Your objective
All the data should be printed again exactly as written.

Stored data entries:
▬▬▬

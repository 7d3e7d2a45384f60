-- ===== src/State/Tests.antt =====
-- Runs of state.rs: two accounts whose storage is snapshotted and restored, and a register write.
use near_mock.Base.{◌≡◌, refl, true, false, [], ◌∷◌, Bytes, none, arith, if◌then◌else◌}
use near_mock.Base.{bytes_Key}
use near_mock.Base.Map.{Map, lookup, IsUnique}
use near_mock.State.{
  MockState, prefixed_key, in_partition, snapshot_partition, restore_partition, write_reg_checked,
}
use near_mock.State.Partition.{in_partition_iff, restore_partition-snapshot_partition}
use near_mock.State.Registers.{IsWithin, Outcome, write_reg_checked-Outcome}

abbrev alice : Bytes
alice = 97 ∷ []

-- Account "a" has the entry "k", account "b" the entry "m".
abbrev old_storage : Map Bytes Bytes
old_storage = (97 ∷ 1 ∷ 107 ∷ [], 1 ∷ []) ∷ (98 ∷ 1 ∷ 109 ∷ [], 2 ∷ []) ∷ []

abbrev new_storage : Map Bytes Bytes
new_storage = (97 ∷ 1 ∷ 120 ∷ [], 9 ∷ []) ∷ (98 ∷ 1 ∷ 109 ∷ [], 3 ∷ []) ∷ []

abbrev with_entries : Map Bytes Bytes → MockState
with_entries m = record {
  storage = m;
  registers = [];
  return_data = none;
  view = false;
  touched = [];
}

old_storage-IsUnique : IsUnique old_storage
old_storage-IsUnique = (refl, (refl, tt))

restore_partition-snapshot_partition_example :
    lookup
      (97 ∷ 1 ∷ 107 ∷ [])
      (restore_partition
        (with_entries new_storage)
        (snapshot_partition (with_entries old_storage) alice)
        alice).storage
    ≡ (if in_partition alice (97 ∷ 1 ∷ 107 ∷ [])
        then lookup (97 ∷ 1 ∷ 107 ∷ []) old_storage
        else lookup (97 ∷ 1 ∷ 107 ∷ []) new_storage)
restore_partition-snapshot_partition_example =
    restore_partition-snapshot_partition (with_entries old_storage) (with_entries new_storage) alice
      (97 ∷ 1 ∷ 107 ∷ []) old_storage-IsUnique

in_partition_iff_example :
    ((in_partition (98 ∷ []) (prefixed_key alice (107 ∷ [])) ≡ true) → alice ≡ 98 ∷ [])
    × (alice ≡ 98 ∷ [] → in_partition (98 ∷ []) (prefixed_key alice (107 ∷ [])) ≡ true)
in_partition_iff_example =
    in_partition_iff alice (98 ∷ []) 107 [] (omega arith, tt) (omega arith, tt)

no_registers-IsWithin : IsWithin []
no_registers-IsWithin = record { unique = tt; few = omega arith; fits = tt; total = omega arith }

write_reg_checked-Outcome_example :
    Outcome (with_entries []) 5 (1 ∷ 2 ∷ []) (write_reg_checked (with_entries []) 5 (1 ∷ 2 ∷ []))
write_reg_checked-Outcome_example =
    write_reg_checked-Outcome (with_entries []) 5 (1 ∷ 2 ∷ []) no_registers-IsWithin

▬▬▬

Solution to the exercise
repository 7d3e7d2a45384f60
-- ===== src/State/Tests.antt =====
-- Runs of state.rs: two accounts whose storage is snapshotted and restored, and a register write.
use near_mock.Base.{◌≡◌, refl, true, false, [], ◌∷◌, Bytes, none, arith, if◌then◌else◌}
use near_mock.Base.{bytes_Key}
use near_mock.Base.Map.{Map, lookup, IsUnique}
use near_mock.State.{
  MockState, prefixed_key, in_partition, snapshot_partition, restore_partition, write_reg_checked,
}
use near_mock.State.Partition.{in_partition_iff, restore_partition-snapshot_partition}
use near_mock.State.Registers.{IsWithin, Outcome, write_reg_checked-Outcome}

abbrev alice : Bytes
alice = 97 ∷ []

-- Account "a" has the entry "k", account "b" the entry "m".
abbrev old_storage : Map Bytes Bytes
old_storage = (97 ∷ 1 ∷ 107 ∷ [], 1 ∷ []) ∷ (98 ∷ 1 ∷ 109 ∷ [], 2 ∷ []) ∷ []

abbrev new_storage : Map Bytes Bytes
new_storage = (97 ∷ 1 ∷ 120 ∷ [], 9 ∷ []) ∷ (98 ∷ 1 ∷ 109 ∷ [], 3 ∷ []) ∷ []

abbrev with_entries : Map Bytes Bytes → MockState
with_entries m = record {
  storage = m;
  registers = [];
  return_data = none;
  view = false;
  touched = [];
}

old_storage-IsUnique : IsUnique old_storage
old_storage-IsUnique = (refl, (refl, tt))

restore_partition-snapshot_partition_example :
    lookup
      (97 ∷ 1 ∷ 107 ∷ [])
      (restore_partition
        (with_entries new_storage)
        (snapshot_partition (with_entries old_storage) alice)
        alice).storage
    ≡ (if in_partition alice (97 ∷ 1 ∷ 107 ∷ [])
        then lookup (97 ∷ 1 ∷ 107 ∷ []) old_storage
        else lookup (97 ∷ 1 ∷ 107 ∷ []) new_storage)
restore_partition-snapshot_partition_example =
    restore_partition-snapshot_partition (with_entries old_storage) (with_entries new_storage) alice
      (97 ∷ 1 ∷ 107 ∷ []) old_storage-IsUnique

in_partition_iff_example :
    ((in_partition (98 ∷ []) (prefixed_key alice (107 ∷ [])) ≡ true) → alice ≡ 98 ∷ [])
    × (alice ≡ 98 ∷ [] → in_partition (98 ∷ []) (prefixed_key alice (107 ∷ [])) ≡ true)
in_partition_iff_example =
    in_partition_iff alice (98 ∷ []) 107 [] (omega arith, tt) (omega arith, tt)

no_registers-IsWithin : IsWithin []
no_registers-IsWithin = record { unique = tt; few = omega arith; fits = tt; total = omega arith }

write_reg_checked-Outcome_example :
    Outcome (with_entries []) 5 (1 ∷ 2 ∷ []) (write_reg_checked (with_entries []) 5 (1 ∷ 2 ∷ []))
write_reg_checked-Outcome_example =
    write_reg_checked-Outcome (with_entries []) 5 (1 ∷ 2 ∷ []) no_registers-IsWithin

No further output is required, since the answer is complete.